[Exercise directions]
Your task is to copy each line of the material below that includes "grows".

[Input records]

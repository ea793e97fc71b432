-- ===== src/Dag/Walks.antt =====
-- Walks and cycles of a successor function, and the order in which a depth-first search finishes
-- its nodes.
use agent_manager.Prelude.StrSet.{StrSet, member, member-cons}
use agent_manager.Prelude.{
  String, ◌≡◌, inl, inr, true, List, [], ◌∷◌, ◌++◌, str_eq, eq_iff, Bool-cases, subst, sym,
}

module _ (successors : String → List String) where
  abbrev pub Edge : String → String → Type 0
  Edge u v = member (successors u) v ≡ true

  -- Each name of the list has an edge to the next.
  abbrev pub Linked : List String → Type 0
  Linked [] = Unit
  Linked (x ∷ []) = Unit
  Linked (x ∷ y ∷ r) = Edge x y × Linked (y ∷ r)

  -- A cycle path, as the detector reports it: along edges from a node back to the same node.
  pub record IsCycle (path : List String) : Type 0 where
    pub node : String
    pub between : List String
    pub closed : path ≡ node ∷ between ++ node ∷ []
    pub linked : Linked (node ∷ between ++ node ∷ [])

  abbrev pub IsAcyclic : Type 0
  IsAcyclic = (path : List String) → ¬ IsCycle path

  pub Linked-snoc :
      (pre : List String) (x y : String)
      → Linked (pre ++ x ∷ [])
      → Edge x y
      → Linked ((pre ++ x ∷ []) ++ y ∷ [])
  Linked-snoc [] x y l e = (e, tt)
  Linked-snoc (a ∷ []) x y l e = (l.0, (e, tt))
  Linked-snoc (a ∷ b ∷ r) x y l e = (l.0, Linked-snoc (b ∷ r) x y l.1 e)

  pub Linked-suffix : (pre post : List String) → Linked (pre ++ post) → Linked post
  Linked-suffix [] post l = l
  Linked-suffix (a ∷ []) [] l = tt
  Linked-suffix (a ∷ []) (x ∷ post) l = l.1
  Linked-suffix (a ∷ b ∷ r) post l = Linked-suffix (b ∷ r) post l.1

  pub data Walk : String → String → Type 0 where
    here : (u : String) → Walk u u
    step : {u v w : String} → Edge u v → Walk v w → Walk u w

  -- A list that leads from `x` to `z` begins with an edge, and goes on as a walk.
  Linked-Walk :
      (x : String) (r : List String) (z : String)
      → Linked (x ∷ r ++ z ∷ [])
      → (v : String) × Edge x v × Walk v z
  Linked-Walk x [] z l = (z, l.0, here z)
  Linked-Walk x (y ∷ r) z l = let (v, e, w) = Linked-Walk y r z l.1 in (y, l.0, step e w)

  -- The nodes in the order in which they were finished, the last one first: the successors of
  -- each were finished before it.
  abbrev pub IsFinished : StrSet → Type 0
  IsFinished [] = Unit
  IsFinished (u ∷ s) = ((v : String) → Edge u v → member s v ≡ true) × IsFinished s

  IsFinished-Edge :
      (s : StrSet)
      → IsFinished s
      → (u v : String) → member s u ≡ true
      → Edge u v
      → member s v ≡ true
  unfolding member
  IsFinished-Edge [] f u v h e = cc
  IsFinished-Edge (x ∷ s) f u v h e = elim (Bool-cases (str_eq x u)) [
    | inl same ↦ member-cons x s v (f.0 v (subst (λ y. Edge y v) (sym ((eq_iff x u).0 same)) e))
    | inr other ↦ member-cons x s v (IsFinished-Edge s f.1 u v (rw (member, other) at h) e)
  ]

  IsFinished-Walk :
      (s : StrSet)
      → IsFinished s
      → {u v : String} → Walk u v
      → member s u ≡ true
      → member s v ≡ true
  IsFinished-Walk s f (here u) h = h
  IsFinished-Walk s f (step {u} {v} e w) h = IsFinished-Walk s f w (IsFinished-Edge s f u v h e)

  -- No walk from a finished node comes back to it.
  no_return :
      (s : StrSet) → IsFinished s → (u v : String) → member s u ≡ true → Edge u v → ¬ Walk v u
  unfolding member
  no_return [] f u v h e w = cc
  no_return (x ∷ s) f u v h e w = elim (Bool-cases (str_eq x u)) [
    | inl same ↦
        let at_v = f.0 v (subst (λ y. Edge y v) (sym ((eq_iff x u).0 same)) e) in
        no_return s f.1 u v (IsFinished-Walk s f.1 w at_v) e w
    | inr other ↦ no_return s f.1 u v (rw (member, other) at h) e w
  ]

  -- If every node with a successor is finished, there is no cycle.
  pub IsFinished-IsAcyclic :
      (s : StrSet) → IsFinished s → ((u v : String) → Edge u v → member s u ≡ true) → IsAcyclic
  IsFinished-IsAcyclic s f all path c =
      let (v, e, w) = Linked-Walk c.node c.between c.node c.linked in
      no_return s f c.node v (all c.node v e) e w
* * *
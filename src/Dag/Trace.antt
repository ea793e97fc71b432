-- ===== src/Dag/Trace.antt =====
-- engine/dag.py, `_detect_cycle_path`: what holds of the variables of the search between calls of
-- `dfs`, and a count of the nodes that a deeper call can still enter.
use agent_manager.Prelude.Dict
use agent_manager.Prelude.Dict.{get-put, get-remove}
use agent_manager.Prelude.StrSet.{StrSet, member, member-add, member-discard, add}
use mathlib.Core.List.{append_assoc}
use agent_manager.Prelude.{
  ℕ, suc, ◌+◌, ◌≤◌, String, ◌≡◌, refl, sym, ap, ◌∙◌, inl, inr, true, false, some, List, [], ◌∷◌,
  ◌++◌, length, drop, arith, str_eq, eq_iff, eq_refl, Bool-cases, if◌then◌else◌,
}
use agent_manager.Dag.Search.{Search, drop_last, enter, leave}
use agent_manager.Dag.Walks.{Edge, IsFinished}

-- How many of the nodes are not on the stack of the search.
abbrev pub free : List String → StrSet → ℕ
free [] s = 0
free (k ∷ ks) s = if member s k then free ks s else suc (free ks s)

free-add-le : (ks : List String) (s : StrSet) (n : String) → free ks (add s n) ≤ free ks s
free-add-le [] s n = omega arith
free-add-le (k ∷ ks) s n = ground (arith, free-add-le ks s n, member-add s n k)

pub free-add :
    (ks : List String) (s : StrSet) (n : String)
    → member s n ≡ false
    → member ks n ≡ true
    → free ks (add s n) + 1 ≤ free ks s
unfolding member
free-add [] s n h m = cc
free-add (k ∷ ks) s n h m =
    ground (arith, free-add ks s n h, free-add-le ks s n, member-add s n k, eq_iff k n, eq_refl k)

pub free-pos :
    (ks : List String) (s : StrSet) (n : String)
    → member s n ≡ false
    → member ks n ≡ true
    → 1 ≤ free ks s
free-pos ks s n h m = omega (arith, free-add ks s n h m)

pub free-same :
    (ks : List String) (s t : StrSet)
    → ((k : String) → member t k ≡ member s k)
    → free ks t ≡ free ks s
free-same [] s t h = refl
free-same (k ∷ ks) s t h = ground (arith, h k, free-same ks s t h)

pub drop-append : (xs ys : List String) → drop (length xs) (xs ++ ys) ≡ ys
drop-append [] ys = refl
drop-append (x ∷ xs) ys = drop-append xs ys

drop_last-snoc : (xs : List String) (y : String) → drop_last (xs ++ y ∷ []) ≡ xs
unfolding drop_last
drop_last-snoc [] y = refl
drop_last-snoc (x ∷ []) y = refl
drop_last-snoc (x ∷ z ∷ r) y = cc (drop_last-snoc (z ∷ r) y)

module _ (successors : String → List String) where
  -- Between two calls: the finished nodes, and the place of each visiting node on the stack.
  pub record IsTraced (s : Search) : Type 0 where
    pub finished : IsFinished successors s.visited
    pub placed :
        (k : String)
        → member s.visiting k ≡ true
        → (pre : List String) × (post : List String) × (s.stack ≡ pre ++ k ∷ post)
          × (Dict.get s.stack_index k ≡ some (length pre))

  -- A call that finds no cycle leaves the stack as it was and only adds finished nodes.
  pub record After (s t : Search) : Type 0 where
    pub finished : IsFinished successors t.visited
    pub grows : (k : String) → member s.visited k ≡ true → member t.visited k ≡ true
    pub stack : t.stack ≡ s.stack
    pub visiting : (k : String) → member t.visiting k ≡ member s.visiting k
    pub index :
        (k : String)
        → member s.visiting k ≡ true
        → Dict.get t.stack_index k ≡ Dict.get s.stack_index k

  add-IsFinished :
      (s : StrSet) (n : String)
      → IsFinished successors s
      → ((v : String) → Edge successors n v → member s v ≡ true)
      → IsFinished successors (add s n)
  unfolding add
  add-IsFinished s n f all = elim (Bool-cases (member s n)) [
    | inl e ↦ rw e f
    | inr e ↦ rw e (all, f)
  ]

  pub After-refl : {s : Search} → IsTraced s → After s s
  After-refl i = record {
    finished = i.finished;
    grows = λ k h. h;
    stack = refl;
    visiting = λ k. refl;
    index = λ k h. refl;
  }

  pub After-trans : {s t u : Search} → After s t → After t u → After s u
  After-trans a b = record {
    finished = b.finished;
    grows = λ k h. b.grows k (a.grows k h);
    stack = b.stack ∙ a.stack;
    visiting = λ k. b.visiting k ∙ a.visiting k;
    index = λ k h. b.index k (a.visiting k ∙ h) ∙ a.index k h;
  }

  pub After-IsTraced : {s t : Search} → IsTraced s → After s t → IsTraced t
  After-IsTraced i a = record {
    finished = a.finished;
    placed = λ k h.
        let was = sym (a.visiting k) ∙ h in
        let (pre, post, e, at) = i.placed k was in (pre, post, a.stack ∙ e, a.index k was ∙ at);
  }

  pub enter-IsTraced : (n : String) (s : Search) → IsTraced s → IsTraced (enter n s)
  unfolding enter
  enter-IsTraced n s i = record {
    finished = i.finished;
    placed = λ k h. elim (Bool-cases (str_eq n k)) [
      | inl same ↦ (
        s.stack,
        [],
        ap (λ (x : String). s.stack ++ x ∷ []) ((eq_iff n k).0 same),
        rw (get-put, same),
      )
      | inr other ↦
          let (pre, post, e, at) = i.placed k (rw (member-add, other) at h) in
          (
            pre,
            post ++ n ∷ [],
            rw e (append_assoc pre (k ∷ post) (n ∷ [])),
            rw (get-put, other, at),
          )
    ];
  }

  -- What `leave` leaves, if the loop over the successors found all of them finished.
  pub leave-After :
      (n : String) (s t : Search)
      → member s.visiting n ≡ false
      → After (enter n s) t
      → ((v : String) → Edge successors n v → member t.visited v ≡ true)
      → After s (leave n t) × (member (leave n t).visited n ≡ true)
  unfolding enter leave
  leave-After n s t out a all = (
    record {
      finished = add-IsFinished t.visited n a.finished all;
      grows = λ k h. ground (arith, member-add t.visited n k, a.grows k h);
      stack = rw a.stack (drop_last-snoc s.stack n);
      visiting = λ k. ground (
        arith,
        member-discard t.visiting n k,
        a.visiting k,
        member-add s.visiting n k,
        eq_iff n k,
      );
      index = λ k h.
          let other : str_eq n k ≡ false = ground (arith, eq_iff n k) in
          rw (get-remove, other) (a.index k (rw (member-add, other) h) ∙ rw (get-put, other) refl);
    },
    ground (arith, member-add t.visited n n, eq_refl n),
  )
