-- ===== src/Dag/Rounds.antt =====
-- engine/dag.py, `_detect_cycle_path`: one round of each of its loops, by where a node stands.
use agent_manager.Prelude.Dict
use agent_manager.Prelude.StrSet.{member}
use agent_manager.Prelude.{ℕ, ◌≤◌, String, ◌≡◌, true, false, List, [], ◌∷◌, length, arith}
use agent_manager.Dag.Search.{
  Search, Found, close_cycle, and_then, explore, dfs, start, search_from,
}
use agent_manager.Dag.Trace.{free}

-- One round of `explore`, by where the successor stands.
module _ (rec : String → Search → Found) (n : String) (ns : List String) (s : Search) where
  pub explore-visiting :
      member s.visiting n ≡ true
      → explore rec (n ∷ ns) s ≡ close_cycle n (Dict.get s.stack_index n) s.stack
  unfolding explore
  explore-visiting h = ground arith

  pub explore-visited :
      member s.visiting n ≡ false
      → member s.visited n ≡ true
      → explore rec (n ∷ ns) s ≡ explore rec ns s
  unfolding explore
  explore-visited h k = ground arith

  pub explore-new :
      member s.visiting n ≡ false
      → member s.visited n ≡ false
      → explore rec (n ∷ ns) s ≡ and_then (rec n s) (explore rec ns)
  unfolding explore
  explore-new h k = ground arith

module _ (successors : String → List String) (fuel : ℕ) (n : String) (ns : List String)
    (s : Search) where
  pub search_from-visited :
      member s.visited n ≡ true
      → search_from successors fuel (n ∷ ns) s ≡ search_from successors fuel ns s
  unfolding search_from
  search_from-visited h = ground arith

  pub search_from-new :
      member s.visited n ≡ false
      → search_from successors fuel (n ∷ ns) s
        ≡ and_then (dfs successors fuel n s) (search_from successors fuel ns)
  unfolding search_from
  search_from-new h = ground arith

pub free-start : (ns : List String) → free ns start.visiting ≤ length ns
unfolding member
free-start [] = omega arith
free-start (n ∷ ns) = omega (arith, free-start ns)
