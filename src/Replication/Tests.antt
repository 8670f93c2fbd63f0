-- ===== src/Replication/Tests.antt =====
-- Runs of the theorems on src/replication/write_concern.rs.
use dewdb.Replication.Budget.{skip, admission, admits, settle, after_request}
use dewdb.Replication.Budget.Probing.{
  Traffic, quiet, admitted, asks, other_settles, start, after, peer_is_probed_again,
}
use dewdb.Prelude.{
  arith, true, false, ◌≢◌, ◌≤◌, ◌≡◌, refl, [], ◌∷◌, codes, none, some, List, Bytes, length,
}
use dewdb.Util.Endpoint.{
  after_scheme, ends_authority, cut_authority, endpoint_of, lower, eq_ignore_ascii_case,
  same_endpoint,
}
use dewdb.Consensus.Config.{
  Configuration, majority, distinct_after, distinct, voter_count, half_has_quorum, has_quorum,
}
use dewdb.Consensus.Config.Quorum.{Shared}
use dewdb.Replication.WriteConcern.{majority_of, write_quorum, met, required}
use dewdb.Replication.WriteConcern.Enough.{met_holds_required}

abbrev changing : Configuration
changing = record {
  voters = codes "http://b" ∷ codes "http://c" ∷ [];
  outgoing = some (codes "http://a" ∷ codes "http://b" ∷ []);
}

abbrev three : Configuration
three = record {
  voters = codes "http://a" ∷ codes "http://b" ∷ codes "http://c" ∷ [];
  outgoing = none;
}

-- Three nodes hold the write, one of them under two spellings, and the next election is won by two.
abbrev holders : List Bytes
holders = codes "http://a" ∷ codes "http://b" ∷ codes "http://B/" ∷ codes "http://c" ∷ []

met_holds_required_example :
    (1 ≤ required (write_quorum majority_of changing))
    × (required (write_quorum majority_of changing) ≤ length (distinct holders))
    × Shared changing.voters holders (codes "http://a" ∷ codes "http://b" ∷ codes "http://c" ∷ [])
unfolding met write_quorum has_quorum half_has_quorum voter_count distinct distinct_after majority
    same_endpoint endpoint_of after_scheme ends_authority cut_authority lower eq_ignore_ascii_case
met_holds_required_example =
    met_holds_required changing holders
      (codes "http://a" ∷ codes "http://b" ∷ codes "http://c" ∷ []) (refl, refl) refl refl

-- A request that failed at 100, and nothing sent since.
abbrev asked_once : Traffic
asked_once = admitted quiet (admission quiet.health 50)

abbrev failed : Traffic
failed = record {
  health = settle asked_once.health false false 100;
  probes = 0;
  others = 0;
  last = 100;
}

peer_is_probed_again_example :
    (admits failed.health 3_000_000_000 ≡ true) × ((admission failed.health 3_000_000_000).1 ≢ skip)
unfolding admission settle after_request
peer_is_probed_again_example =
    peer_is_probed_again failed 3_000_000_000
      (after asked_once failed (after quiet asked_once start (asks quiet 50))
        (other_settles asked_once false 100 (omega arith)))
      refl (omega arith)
---
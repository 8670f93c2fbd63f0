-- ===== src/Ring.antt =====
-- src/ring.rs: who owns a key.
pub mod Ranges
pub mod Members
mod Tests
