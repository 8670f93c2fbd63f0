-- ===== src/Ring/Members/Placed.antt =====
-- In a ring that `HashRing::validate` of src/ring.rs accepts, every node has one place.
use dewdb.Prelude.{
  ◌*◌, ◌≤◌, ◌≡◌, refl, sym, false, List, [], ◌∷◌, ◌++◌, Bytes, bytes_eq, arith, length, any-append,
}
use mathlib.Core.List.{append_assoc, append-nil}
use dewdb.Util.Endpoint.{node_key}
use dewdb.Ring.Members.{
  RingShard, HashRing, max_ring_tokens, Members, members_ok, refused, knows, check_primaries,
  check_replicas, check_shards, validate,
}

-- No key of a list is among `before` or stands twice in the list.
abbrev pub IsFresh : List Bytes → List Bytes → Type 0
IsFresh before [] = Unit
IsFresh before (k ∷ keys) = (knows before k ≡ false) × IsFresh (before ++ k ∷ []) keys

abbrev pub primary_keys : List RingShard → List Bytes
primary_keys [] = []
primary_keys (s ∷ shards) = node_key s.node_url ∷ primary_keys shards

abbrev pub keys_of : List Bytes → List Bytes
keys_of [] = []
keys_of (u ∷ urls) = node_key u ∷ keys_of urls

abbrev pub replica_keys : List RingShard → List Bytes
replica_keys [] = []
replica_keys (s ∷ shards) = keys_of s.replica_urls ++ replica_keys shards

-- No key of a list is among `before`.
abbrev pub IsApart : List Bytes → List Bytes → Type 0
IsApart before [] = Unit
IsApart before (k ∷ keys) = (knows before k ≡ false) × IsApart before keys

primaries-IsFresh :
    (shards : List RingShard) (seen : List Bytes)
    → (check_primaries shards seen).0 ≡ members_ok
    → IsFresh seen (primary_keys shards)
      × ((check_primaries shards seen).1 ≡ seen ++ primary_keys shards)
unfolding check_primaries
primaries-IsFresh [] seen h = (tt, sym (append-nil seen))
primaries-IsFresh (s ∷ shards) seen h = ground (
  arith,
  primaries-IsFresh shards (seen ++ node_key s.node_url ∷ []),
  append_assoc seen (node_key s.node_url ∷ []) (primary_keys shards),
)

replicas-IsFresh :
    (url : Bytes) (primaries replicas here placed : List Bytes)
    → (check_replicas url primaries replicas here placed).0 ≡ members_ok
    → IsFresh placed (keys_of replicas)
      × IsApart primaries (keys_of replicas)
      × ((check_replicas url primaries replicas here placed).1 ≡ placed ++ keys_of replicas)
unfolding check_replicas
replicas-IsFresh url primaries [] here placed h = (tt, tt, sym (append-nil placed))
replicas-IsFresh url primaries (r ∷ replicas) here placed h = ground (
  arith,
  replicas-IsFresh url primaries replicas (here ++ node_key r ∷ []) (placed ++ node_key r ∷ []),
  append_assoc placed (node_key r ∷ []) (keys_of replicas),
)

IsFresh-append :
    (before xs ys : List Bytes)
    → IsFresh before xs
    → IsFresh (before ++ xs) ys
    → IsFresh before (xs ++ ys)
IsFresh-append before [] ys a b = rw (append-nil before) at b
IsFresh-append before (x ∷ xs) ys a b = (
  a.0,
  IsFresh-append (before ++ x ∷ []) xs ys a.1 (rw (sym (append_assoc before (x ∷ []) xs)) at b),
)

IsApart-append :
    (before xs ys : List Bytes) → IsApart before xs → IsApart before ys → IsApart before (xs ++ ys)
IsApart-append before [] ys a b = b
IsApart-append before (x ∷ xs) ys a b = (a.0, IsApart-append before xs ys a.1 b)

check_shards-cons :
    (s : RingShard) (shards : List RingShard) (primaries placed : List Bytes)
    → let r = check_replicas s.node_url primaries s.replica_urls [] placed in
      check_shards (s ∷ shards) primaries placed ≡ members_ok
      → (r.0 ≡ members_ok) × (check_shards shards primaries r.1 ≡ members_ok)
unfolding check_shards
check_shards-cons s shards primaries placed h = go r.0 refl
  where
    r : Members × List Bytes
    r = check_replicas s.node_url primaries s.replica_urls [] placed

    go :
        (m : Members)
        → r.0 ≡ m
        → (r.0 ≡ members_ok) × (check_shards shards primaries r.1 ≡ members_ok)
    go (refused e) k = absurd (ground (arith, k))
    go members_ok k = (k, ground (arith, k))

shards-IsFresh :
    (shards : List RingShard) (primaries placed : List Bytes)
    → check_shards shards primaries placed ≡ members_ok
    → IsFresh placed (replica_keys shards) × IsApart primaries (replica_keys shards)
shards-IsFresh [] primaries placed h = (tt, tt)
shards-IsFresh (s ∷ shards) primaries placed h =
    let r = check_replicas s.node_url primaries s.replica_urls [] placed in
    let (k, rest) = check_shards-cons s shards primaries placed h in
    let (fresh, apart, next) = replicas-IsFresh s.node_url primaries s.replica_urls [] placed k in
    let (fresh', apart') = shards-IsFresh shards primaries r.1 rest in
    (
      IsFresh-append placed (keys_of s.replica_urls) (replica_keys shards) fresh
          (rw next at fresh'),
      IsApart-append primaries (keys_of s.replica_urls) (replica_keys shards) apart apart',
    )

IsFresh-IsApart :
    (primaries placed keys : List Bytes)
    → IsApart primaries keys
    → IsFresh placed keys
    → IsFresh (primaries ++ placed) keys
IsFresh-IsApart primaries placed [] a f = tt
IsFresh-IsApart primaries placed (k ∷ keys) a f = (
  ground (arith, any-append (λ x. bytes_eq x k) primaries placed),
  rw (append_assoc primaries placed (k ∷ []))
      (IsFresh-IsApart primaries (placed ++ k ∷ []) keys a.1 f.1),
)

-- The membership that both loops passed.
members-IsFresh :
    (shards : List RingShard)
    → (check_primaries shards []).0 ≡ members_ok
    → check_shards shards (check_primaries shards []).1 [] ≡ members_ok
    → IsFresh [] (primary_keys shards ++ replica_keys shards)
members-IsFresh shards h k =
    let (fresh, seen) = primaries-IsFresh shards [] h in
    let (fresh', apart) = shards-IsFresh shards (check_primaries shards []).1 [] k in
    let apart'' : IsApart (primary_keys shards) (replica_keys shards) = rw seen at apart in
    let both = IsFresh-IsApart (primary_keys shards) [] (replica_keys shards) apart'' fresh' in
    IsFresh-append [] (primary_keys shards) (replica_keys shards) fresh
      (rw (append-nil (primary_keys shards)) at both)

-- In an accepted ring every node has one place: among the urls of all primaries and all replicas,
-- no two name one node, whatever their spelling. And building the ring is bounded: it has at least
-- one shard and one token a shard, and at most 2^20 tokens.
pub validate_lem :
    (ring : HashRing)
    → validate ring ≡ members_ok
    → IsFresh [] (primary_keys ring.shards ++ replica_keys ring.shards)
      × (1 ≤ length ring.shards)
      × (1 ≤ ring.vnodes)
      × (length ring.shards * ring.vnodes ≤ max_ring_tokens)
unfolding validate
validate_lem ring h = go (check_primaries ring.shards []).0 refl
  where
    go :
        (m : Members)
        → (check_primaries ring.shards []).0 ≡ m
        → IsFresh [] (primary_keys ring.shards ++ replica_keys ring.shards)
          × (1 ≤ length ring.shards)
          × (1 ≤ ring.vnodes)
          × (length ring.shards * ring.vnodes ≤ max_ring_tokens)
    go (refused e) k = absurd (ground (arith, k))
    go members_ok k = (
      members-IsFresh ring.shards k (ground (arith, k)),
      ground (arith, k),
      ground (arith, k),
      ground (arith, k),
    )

[The answer]
    pub grows : (k : String) → member s.visited k ≡ true → member t.visited k ≡ true
    grows = λ k h. h;
    grows = λ k h. b.grows k (a.grows k h);
      grows = λ k h. ground (arith, member-add t.visited n k, a.grows k h);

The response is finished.